Glutamate is one of the most prevalent neurotransmitters released by excitatory neurons in the central nervous system (CNS); however, residual glutamate in the extracellular space is, potentially, neurotoxic. It is now well-established that one of the fundamental functions of astrocytes is to uptake most of the synaptically-released glutamate, which optimizes neuronal functions and prevents glutamate excitotoxicity. In the CNS, glutamate clearance is mediated by glutamate uptake transporters expressed, principally, by astrocytes. Interestingly, recent studies demonstrate that extracellular glutamate stimulates Ca2+ release from the astrocytes’ intracellular stores, which triggers glutamate release from astrocytes to the adjacent neurons, mostly by an exocytotic mechanism. This released glutamate is believed to coordinate neuronal firing and mediate their excitatory or inhibitory activity. Therefore, astrocytes contribute to glutamate homeostasis in the CNS, by maintaining the balance between their opposing functions of glutamate uptake and release.
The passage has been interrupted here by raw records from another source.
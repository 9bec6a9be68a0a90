-- ===== src/DhcpClient.antt =====
-- Host::DHCP_client of host.cpp, as a state machine over the frames that its socket hands out. The
-- host has no open port before, so that `create_socket` returns.
pub mod Rounds
pub mod Acquire
use network_simulation.Common.{
  ℕ, Bool, true, false, List, [], ◌∷◌, ◌++◌, Run, ok, ◌>>=◌, if◌then◌else◌, ◌==◌,
}
use network_simulation.Addressing.{create_broadcast_mac, create_broadcast_ip}
use network_simulation.L4.{Udp}
use network_simulation.L3.{Ip, encap_udp, new_ip}
use network_simulation.Pdu.{Mpdu, open_udp}
use network_simulation.Host.{Host, frame_for}
use network_simulation.Dhcp.{
  Dhcp, dhcp_bytes, generate_dhcp, dhcp_discover, dhcp_offer, dhcp_request, dhcp_ack,
  bootp_client_port, bootp_server_port,
}

-- Where the client waits on its socket: for an offer, for the ACK; or it has ended.
pub data Wait : Type 0 where
  for_offer for_ack bound : Wait

pub record DhcpClient : Type 0 where
  pub ip : ℕ
  pub mac : List ℕ
  pub wait : Wait
  pub tx_segment : Udp
  pub tx_packet : Ip
  pub sent : List Mpdu

-- A new frame around the packet, from the host to the broadcast address.
unfoldable pub broadcast_packet : DhcpClient → DhcpClient
broadcast_packet c = record c {
  sent = c.sent ++ frame_for c.mac create_broadcast_mac c.tx_packet ∷ [];
}

-- A message in the segment, the segment in the packet, and the packet in a frame.
unfoldable pub send_message : Dhcp → DhcpClient → DhcpClient
unfolding broadcast_packet
send_message m c =
    let s : Udp = record (c.tx_segment) { payload = dhcp_bytes m } in
    broadcast_packet (record c { tx_segment = s; tx_packet = encap_udp s c.tx_packet })

-- Up to the discover. Its `your_ip` is the indeterminate `blank_ip`.
unfoldable pub start_dhcp : ℕ → Udp → Ip → ℕ → List ℕ → DhcpClient
unfolding send_message
start_dhcp blank_ip blank_segment blank_packet ip mac =
    send_message (record { opcode = dhcp_discover; client_ip = 0; your_ip = blank_ip })
      (record {
        ip = ip;
        mac = mac;
        wait = Wait.for_offer;
        tx_segment = record blank_segment {
          source_port = bootp_client_port;
          destination_port = bootp_server_port;
          payload = [];
        };
        tx_packet = record (new_ip blank_packet) {
          source_ip = 0;
          destination_ip = create_broadcast_ip;
        };
        sent = [];
      })

-- A frame while the client waits for an offer. An offer is answered by a request for its address; a
-- segment from another port makes it send the discover again.
unfoldable pub on_offer : Udp → DhcpClient → Run DhcpClient
on_offer rx_segment c =
    if rx_segment.source_port == bootp_server_port
    then (do
      rx_message ← generate_dhcp rx_segment.payload
      if rx_message.opcode == dhcp_offer
          then ok (
              send_message
                (record {
                  opcode = dhcp_request;
                  client_ip = rx_message.your_ip;
                  your_ip = rx_message.your_ip;
                })
                (record c { wait = Wait.for_ack }))
          else ok c)
    else ok (broadcast_packet c)

-- A frame while it waits for the ACK. The frame that is made for a segment from another port is not
-- sent.
unfoldable pub on_dhcp_ack : Udp → DhcpClient → Run DhcpClient
on_dhcp_ack rx_segment c =
    if rx_segment.source_port == bootp_server_port
    then (do
      rx_message ← generate_dhcp rx_segment.payload
      if rx_message.opcode == dhcp_ack
          then ok (record c { ip = rx_message.your_ip; wait = Wait.bound })
          else ok c)
    else ok c

unfoldable pub on_wait : Wait → Udp → DhcpClient → Run DhcpClient
on_wait Wait.for_offer rx_segment c = on_offer rx_segment c
on_wait Wait.for_ack rx_segment c = on_dhcp_ack rx_segment c
on_wait Wait.bound rx_segment c = ok c

unfoldable pub dhcp_step : Mpdu → DhcpClient → Run DhcpClient
unfolding on_wait
dhcp_step rx_frame c = do (rx_packet, rx_segment) ← open_udp rx_frame; on_wait c.wait rx_segment c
This dual function of astrocytes represents a potential therapeutic target for CNS diseases associated with glutamate excitotoxicity. In this regard, we summarize the molecular mechanisms of glutamate uptake and release, their regulation, and the significance of both processes in the CNS. Also, we review the main features of glutamate metabolism and glutamate excitotoxicity and its implication in CNS diseases.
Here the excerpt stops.